Exercise brief: An exact reproduction of all entries is expected.

---------- Task material ----------

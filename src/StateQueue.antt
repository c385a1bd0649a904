-- ===== src/StateQueue.antt =====
-- src/server/proto_handler.rs: `LatestStateQueue`, which keeps the latest frame of each subscription
-- until the writer takes it. The size of a frame, its subscription and the maximal size of a frame
-- are parameters; the notification between the two tasks is left out.
pub mod Coalescing
mod Examples
use arcrelay_protocol.Prelude.{
  ℕ, Option, none, some, List, [], ◌∷◌, ltb, nat_eq, if◌then◌else◌, Map, get, remove, insert,
}

-- What the queue uses of a frame; `event` is the subscription of an `Event`, and `none` for others.
pub record FrameApi (Frame : Type 0) : Type 0 where
  pub encoded_len : Frame → ℕ
  pub event : Frame → Option ℕ
  pub max_control_frame_size : ℕ

pub record LatestStateQueue (Frame : Type 0) : Type 0 where
  pub frames : Map ℕ Frame

module _ {Frame : Type 0} where
  abbrev pub empty : LatestStateQueue Frame
  empty = record { frames = [] }

  pub replace : FrameApi Frame → Frame → LatestStateQueue Frame → LatestStateQueue Frame
  replace api frame q =
      if ltb api.max_control_frame_size (api.encoded_len frame) then q else elim (api.event frame) [
        | none ↦ q
        | some subscription_id ↦ record { frames = insert subscription_id frame q.frames }
      ]

  -- One round of `recv`. The map's iterator comes first to one of its entries, under the key
  -- `first`; `none` if there is no frame under it, and `recv` waits.
  pub recv : ℕ → LatestStateQueue Frame → LatestStateQueue Frame × Option Frame
  recv first q = elim (get first q.frames) [
    | none ↦ (q, none)
    | some frame ↦ (record { frames = remove first q.frames }, some frame)
  ]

----------

Your response:
filename src/StateQueue.antt
repository c385a1bd0649a904
-- ===== src/StateQueue.antt =====
-- src/server/proto_handler.rs: `LatestStateQueue`, which keeps the latest frame of each subscription
-- until the writer takes it. The size of a frame, its subscription and the maximal size of a frame
-- are parameters; the notification between the two tasks is left out.
pub mod Coalescing
mod Examples
use arcrelay_protocol.Prelude.{
  ℕ, Option, none, some, List, [], ◌∷◌, ltb, nat_eq, if◌then◌else◌, Map, get, remove, insert,
}

-- What the queue uses of a frame; `event` is the subscription of an `Event`, and `none` for others.
pub record FrameApi (Frame : Type 0) : Type 0 where
  pub encoded_len : Frame → ℕ
  pub event : Frame → Option ℕ
  pub max_control_frame_size : ℕ

pub record LatestStateQueue (Frame : Type 0) : Type 0 where
  pub frames : Map ℕ Frame

module _ {Frame : Type 0} where
  abbrev pub empty : LatestStateQueue Frame
  empty = record { frames = [] }

  pub replace : FrameApi Frame → Frame → LatestStateQueue Frame → LatestStateQueue Frame
  replace api frame q =
      if ltb api.max_control_frame_size (api.encoded_len frame) then q else elim (api.event frame) [
        | none ↦ q
        | some subscription_id ↦ record { frames = insert subscription_id frame q.frames }
      ]

  -- One round of `recv`. The map's iterator comes first to one of its entries, under the key
  -- `first`; `none` if there is no frame under it, and `recv` waits.
  pub recv : ℕ → LatestStateQueue Frame → LatestStateQueue Frame × Option Frame
  recv first q = elim (get first q.frames) [
    | none ↦ (q, none)
    | some frame ↦ (record { frames = remove first q.frames }, some frame)
  ]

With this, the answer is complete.